Stored data entries:
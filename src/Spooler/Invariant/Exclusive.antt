-- ===== src/Spooler/Invariant/Exclusive.antt =====
-- No printer is given to two running jobs of hw4/src/main.c at a time.
use c_language.Prelude.{
  ℕ, zero, suc, ◌≤◌, ◌≡◌, refl, sym, ap, ◌∙◌, Option, some, List, [], ◌∷◌, All, All-get_elem?,
  arith, get_elem?,
}
use mathlib.Core.Option.{some-injective}
use c_language.Spooler.State.{Text, Printer, Job, running, Spooler}
use c_language.Spooler.Rounds.{Session, waiting, ended, crashed, spool}
use c_language.Spooler.Invariant.{Row, Served, Serves, held, holders, busy_at, IsSpooler}
use c_language.Spooler.Invariant.Runs.{Leaves, spool-IsSpooler}

abbrev pub Exclusive : Spooler → Type 0
Exclusive s =
    (m n : ℕ) (j i : Job)
    → get_elem? s.jobs m ≡ some j
    → get_elem? s.jobs n ≡ some i
    → j.status ≡ running
    → i.status ≡ running
    → j.chosen_printer ≡ i.chosen_printer
    → m ≡ n

holders-positive :
    (k : ℕ) (jobs : List Job) (m : ℕ) (j : Job)
    → get_elem? jobs m ≡ some j
    → held k j.chosen_printer ≡ 1
    → 1 ≤ holders k jobs
unfolding holders
holders-positive k [] m j e h = cc
holders-positive k (x ∷ jobs) zero j e h =
    let q : held k x.chosen_printer ≡ 1 =
      ap (λ z. held k z.chosen_printer) (some-injective x j e) ∙ h in
    omega arith
holders-positive k (x ∷ jobs) (suc m) j e h =
    let ih = holders-positive k jobs m j e h in omega arith

holders-single :
    (k : ℕ) (jobs : List Job) (m n : ℕ) (j i : Job)
    → get_elem? jobs m ≡ some j
    → get_elem? jobs n ≡ some i
    → held k j.chosen_printer ≡ 1
    → held k i.chosen_printer ≡ 1
    → holders k jobs ≤ 1
    → m ≡ n
unfolding holders
holders-single k [] m n j i e f g h l = cc
holders-single k (x ∷ jobs) zero zero j i e f g h l = refl
holders-single k (x ∷ jobs) zero (suc n) j i e f g h l =
    let q : held k x.chosen_printer ≡ 1 =
      ap (λ z. held k z.chosen_printer) (some-injective x j e) ∙ g in
    let r = holders-positive k jobs n i f h in absurd (omega arith)
holders-single k (x ∷ jobs) (suc m) zero j i e f g h l =
    let q : held k x.chosen_printer ≡ 1 =
      ap (λ z. held k z.chosen_printer) (some-injective x i f) ∙ h in
    let r = holders-positive k jobs m j e g in absurd (omega arith)
holders-single k (x ∷ jobs) (suc m) (suc n) j i e f g h l =
    ap suc (holders-single k jobs m n j i e f g h (omega arith))

busy_at-le_one : (ps : List Printer) (k : ℕ) → All (λ p. p.busy ≤ 1) ps → busy_at ps k ≤ 1
unfolding busy_at
busy_at-le_one [] k h = omega arith
busy_at-le_one (p ∷ ps) zero h = h.0
busy_at-le_one (p ∷ ps) (suc k) h = busy_at-le_one ps k h.1

held_self : (k : ℕ) → held k (some k) ≡ 1
held_self k = ground arith

running_chosen :
    (rows : List Row) (j : Job)
    → Serves rows j
    → j.status ≡ running
    → (k : ℕ) × (j.chosen_printer ≡ some k)
running_chosen rows j h e = let (k, r, c, _, _, _) = served in (k, c)
  where
    served : Served rows j.chosen_printer j.file_type j.eligible_printers running
    served = rw e at h

IsSpooler-Exclusive : (s : Spooler) → IsSpooler s → Exclusive s
IsSpooler-Exclusive s h m n j i e f p q c =
    let b = h.matched in
    let (k, at) = running_chosen _ j (All-get_elem? _ s.jobs m j b.served e) p in
    let g : held k j.chosen_printer ≡ 1 = ap (held k) at ∙ held_self k in
    let g' : held k i.chosen_printer ≡ 1 = ap (held k) (sym c ∙ at) ∙ held_self k in
    let l : holders k s.jobs ≤ 1 = rw (b.balanced k) (busy_at-le_one s.printers k b.flags) in
    holders-single k s.jobs m n j i e f g g' l

Leaves-weaken :
    (P Q : Spooler → Type 0) (r : Session) → ((s : Spooler) → P s → Q s) → Leaves P r → Leaves Q r
Leaves-weaken P Q (waiting s out) f h = f s h
Leaves-weaken P Q (ended s out) f h = f s h
Leaves-weaken P Q crashed f h = tt

-- In the tables that a run leaves, no two running jobs have chosen the same printer.
pub spool-Exclusive :
    (clock : ℕ → ℕ) (content : Option Text) (lines : List Text)
    → Leaves Exclusive (spool clock content lines)
spool-Exclusive clock content lines =
    Leaves-weaken IsSpooler Exclusive (spool clock content lines) IsSpooler-Exclusive
      (spool-IsSpooler clock content lines)
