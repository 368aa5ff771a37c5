-- ===== src/Spooler/Texts/Laws.antt =====
-- What `strtok` makes of the lines and the file names of hw4/src/main.c.
use c_language.Prelude.{append-nil, append_assoc}
use c_language.Prelude.{ℕ, ◌≡◌, ◌≢◌, refl, ap, ◌∙◌, false, List, [], ◌∷◌, ◌++◌, All, ◌==◌, ==_refl}
use c_language.Spooler.State.{Text}
use c_language.Spooler.Texts.{flush, tokens_loop, tokens}

-- A text that is not empty and has no separator in it.
abbrev pub IsToken : ℕ → Text → Type 0
IsToken separator t = (t ≢ []) × All (λ c. (c == separator) ≡ false) t

-- The texts with a separator behind each, in front of the end of the line.
abbrev pub joined : ℕ → List Text → Text → Text
joined separator [] end = end
joined separator (t ∷ ts) end = t ++ separator ∷ joined separator ts end

module _ (separator : ℕ) where
  -- A text without separators goes through to the next separator.
  tokens_loop-through :
      (token t rest : Text)
      → All (λ c. (c == separator) ≡ false) t
      → tokens_loop separator token (t ++ separator ∷ rest)
        ≡ flush (token ++ t) (tokens_loop separator [] rest)
  unfolding tokens_loop
  tokens_loop-through token [] rest h = rw (==_refl separator, append-nil token) refl
  tokens_loop-through token (c ∷ t) rest h = rw h.0 (
      tokens_loop-through (token ++ c ∷ []) t rest h.1
      ∙ ap (λ a. flush a (tokens_loop separator [] rest)) (append_assoc token (c ∷ []) t))

  flush_token : (t : Text) (rest : List Text) → t ≢ [] → flush t rest ≡ t ∷ rest
  flush_token [] rest h = absurd (h refl)
  flush_token (c ∷ t) rest h = refl

  -- Separators in front of a text are passed over.
  pub tokens_skip : (rest : Text) → tokens separator (separator ∷ rest) ≡ tokens separator rest
  unfolding tokens_loop
  tokens_skip rest = rw (==_refl separator) refl

  -- A text without separators goes through to the end.
  tokens_loop-end :
      (token t : Text)
      → All (λ c. (c == separator) ≡ false) t
      → tokens_loop separator token t ≡ flush (token ++ t) []
  unfolding tokens_loop
  tokens_loop-end token [] h = rw (append-nil token) refl
  tokens_loop-end token (c ∷ t) h = rw h.0 (
      tokens_loop-end (token ++ c ∷ []) t h.1
      ∙ ap (λ a. flush a []) (append_assoc token (c ∷ []) t))

  front_tokens :
      (ts : List Text) (end : Text)
      → All (IsToken separator) ts
      → tokens separator (joined separator ts end) ≡ ts ++ tokens separator end
  unfolding tokens_loop
  front_tokens [] end h = refl
  front_tokens (t ∷ ts) end h =
      tokens_loop-through [] t (joined separator ts end) h.0.1
      ∙ (flush_token t _ h.0.0 ∙ ap (λ l. t ∷ l) (front_tokens ts end h.1))

  -- The strtok loop takes a line that was put together from tokens, with one separator between any
  -- two, apart into the same tokens: where the line ends with the last token, and where it ends
  -- with a separator behind it.
  pub tokens-joined :
      (ts : List Text) (t : Text)
      → All (IsToken separator) ts
      → IsToken separator t
      → (tokens separator (joined separator ts t) ≡ ts ++ t ∷ [])
        × (tokens separator (joined separator ts (t ++ separator ∷ [])) ≡ ts ++ t ∷ [])
  unfolding tokens_loop
  tokens-joined ts t h last = (
    front_tokens ts t h ∙ ap (λ l. ts ++ l) (tokens_loop-end [] t last.1 ∙ flush_token t [] last.0),
    front_tokens ts (t ++ separator ∷ []) h
        ∙ ap (λ l. ts ++ l) (tokens_loop-through [] t [] last.1 ∙ flush_token t [] last.0),
  )
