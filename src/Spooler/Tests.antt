-- ===== src/Spooler/Tests.antt =====
-- The spooler of hw4 runs on command lines, and the theorems applied to them.
use c_language.Prelude.{
  ℕ, ◌+◌, ◌/◌, ◌%◌, ◌^◌, ◌≡◌, refl, some, none, List, [], ◌∷◌, ◌++◌, arith, All,
}
use c_language.Spooler.State.{Text, Printer, Spooler}
use c_language.Spooler.Texts.{tokens}
use c_language.Spooler.Texts.Laws.{joined, tokens-joined}
use c_language.Spooler.Commands.{new_job, any_printer, eligible_loop, find_printer}
use c_language.Spooler.Schedule.{schedule}
use c_language.Spooler.Rounds.{type, printer, print, enables, Session, spool, empty_spooler}
use c_language.Spooler.Board.{Reach, Settled}
use c_language.Spooler.Board.Refines.{board, schedule-Reach, schedule-Settled}
use c_language.Spooler.Eligible.{repeated_printer}
use c_language.Spooler.Invariant.{IsSpooler}
use c_language.Spooler.Invariant.Runs.{Leaves, spool-IsSpooler}
use c_language.Spooler.Invariant.Exclusive.{Exclusive, spool-Exclusive}

abbrev spaced : Text → Text → Text
spaced a b = a ++ b' ' ∷ b

abbrev txt : Text
txt = b't' ∷ b'x' ∷ b't' ∷ []

abbrev alice : Text
alice = b'a' ∷ []

abbrev letter : Text
letter = b'l' ∷ b'.' ∷ txt

-- A type and a printer for it, from the command file.
abbrev config : Text
config = spaced type txt ++ b'\n' ∷ spaced printer (spaced alice txt)

-- Two jobs are queued, and the printer is switched on.
abbrev commands : List Text
commands = spaced print letter ∷ (spaced print letter ∷ (spaced enables alice ∷ []))

abbrev clock : ℕ → ℕ
clock k = k

spool-IsSpooler_example : Leaves IsSpooler (spool clock (some config) commands)
spool-IsSpooler_example = spool-IsSpooler clock (some config) commands

spool-Exclusive_example : Leaves Exclusive (spool clock (some config) commands)
spool-Exclusive_example = spool-Exclusive clock (some config) commands

abbrev idle : Printer
idle = record { id = 0; name = alice; type = txt; enabled = 1; busy = 0 }

abbrev queue : Spooler
queue = record {
  printers = idle ∷ [];
  jobs =
      new_job empty_spooler 5 letter txt any_printer
      ∷ (new_job empty_spooler 6 letter txt any_printer ∷ []);
  types = txt ∷ [];
  conversions = [];
}

schedule-Reach_example : Reach 7 (board queue) (board (schedule 7 queue).0)
schedule-Reach_example = schedule-Reach 7 queue

schedule-Settled_example : Settled (board (schedule 7 queue).0)
schedule-Settled_example = schedule-Settled 7 queue

parts_of_letter :
    (tokens b'.' (joined b'.' (alice ∷ []) txt) ≡ alice ∷ (txt ∷ []))
    × (tokens b'.' (joined b'.' (alice ∷ []) (txt ++ b'.' ∷ [])) ≡ alice ∷ (txt ∷ []))
parts_of_letter =
    tokens-joined b'.' (alice ∷ []) txt (((λ e. cc), (refl, tt)), tt)
      ((λ e. cc), (refl, (refl, (refl, tt))))

alice_found : find_printer alice (idle ∷ []) ≡ some idle
unfolding find_printer c_language.Prelude.same_text
alice_found = refl

repeated_printer_example :
    (eligible_loop (idle ∷ []) (alice ∷ (alice ∷ [])) 0 0 ≡ some (2 ^ 1, 2))
    × (2 ^ 1 / 2 ^ 0 % 2 ≡ 0)
repeated_printer_example = repeated_printer (idle ∷ []) alice idle alice_found (omega arith)

-- The first job is running on the printer, and the second one waits.
run_outcome : Session
unfolding spool
run_outcome = spool clock (some config) commands

abbrev free : Spooler
free = record queue { jobs = [] }

-- A job for the printer a.
abbrev order : Text
order = spaced print (spaced letter alice)
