-- ===== src/Xacto.antt =====
-- The Xacto server of hw5.
pub mod Registry
pub mod Transaction
pub mod Data
pub mod Protocol
pub mod Versions
mod Tests
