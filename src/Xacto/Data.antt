-- ===== src/Xacto/Data.antt =====
-- The blobs and keys of hw5/src/data.c. A `char` is its byte; `none` is a read beyond the end of
-- the memory that an object has.
pub mod Keys
use c_language.Prelude.{ℕ, zero, suc, ◌+◌, Option, none, some, ◌>>=◌, Bool, true, false}
use c_language.Prelude.{List, [], ◌∷◌, replicate, u32, ltb, ◌==◌, if◌then◌else◌}

pub record Blob : Type 0 where
  pub refcnt : ℕ
  pub size : ℕ
  pub content : List ℕ
  pub prefix : List ℕ

pub record Key : Type 0 where
  pub hash : ℕ
  pub blob : Blob

-- The C library's `strncpy` into `n` new bytes: the rest is zeros behind a terminator.
unfoldable pub strncpy : ℕ → List ℕ → Option (List ℕ)
strncpy zero s = some []
strncpy (suc n) [] = none
strncpy (suc n) (c ∷ s) =
    let rest = strncpy n s in
    if c == 0 then some (0 ∷ replicate n 0) else (rest >>= (λ t. some (c ∷ t)))

unfoldable pub strlen : List ℕ → Option ℕ
strlen [] = none
strlen (c ∷ s) = let rest = strlen s in if c == 0 then some 0 else (rest >>= (λ n. some (suc n)))

-- Whether `strcmp` returns 0.
unfoldable pub str_equal : List ℕ → List ℕ → Option Bool
str_equal [] t = none
str_equal (a ∷ s) [] = none
str_equal (a ∷ s) (b ∷ t) =
    let rest = str_equal s t in if a == b then (if a == 0 then some true else rest) else some false

unfoldable pub blob_ref : Blob → Blob
blob_ref bp = record bp { refcnt = u32 (bp.refcnt + 1) }

unfoldable pub blob_create : List ℕ → ℕ → Option Blob
blob_create content size = do
  a ← strncpy size content
  p ← strncpy size content
  some (blob_ref (record { refcnt = 0; size = size; content = a; prefix = p }))

-- The blob that is left, or `none` where it is freed.
unfoldable pub blob_unref : Blob → Option Blob
blob_unref bp =
    if bp.refcnt == 1 then none else some (record bp { refcnt = u32 (bp.refcnt + 4294967295) })

-- 0, or the `int` -1.
unfoldable pub equal_or_not : Bool → ℕ
equal_or_not true = 0
equal_or_not false = 4294967295

unfoldable pub blob_compare : Blob → Blob → Option ℕ
blob_compare bp1 bp2 = str_equal bp1.content bp2.content >>= (λ b. some (equal_or_not b))

-- A `char` as an `int`, by its sign.
unfoldable pub char_value : ℕ → ℕ
char_value c = if ltb c 128 then c else c + 4294967040

unfoldable pub hash_loop : List ℕ → ℕ → ℕ → Option ℕ
hash_loop [] length hash = none
hash_loop (c ∷ s) length hash =
    let rest = hash_loop s length (u32 (hash + (char_value c + length))) in
    if c == 0 then some hash else rest

unfoldable pub blob_hash : Blob → Option ℕ
blob_hash bp = do length ← strlen bp.content; hash_loop bp.content length 0

-- The key, whose blob has the count as the call leaves it.
unfoldable pub key_create : Blob → Option Key
key_create bp = do
  h ← blob_hash bp
  some (record { hash = h; blob = record bp { refcnt = u32 (bp.refcnt + 1) } })

unfoldable pub key_dispose : Key → Option Blob
key_dispose kp = blob_unref kp.blob

unfoldable pub key_compare : Key → Key → Option ℕ
key_compare kp1 kp2 =
    if kp1.hash == kp2.hash then blob_compare kp1.blob kp2.blob else some 4294967295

Task goal: Say how many lines in the entries contain the string "goes". Nothing else belongs in the reply.

Exercise solution: 2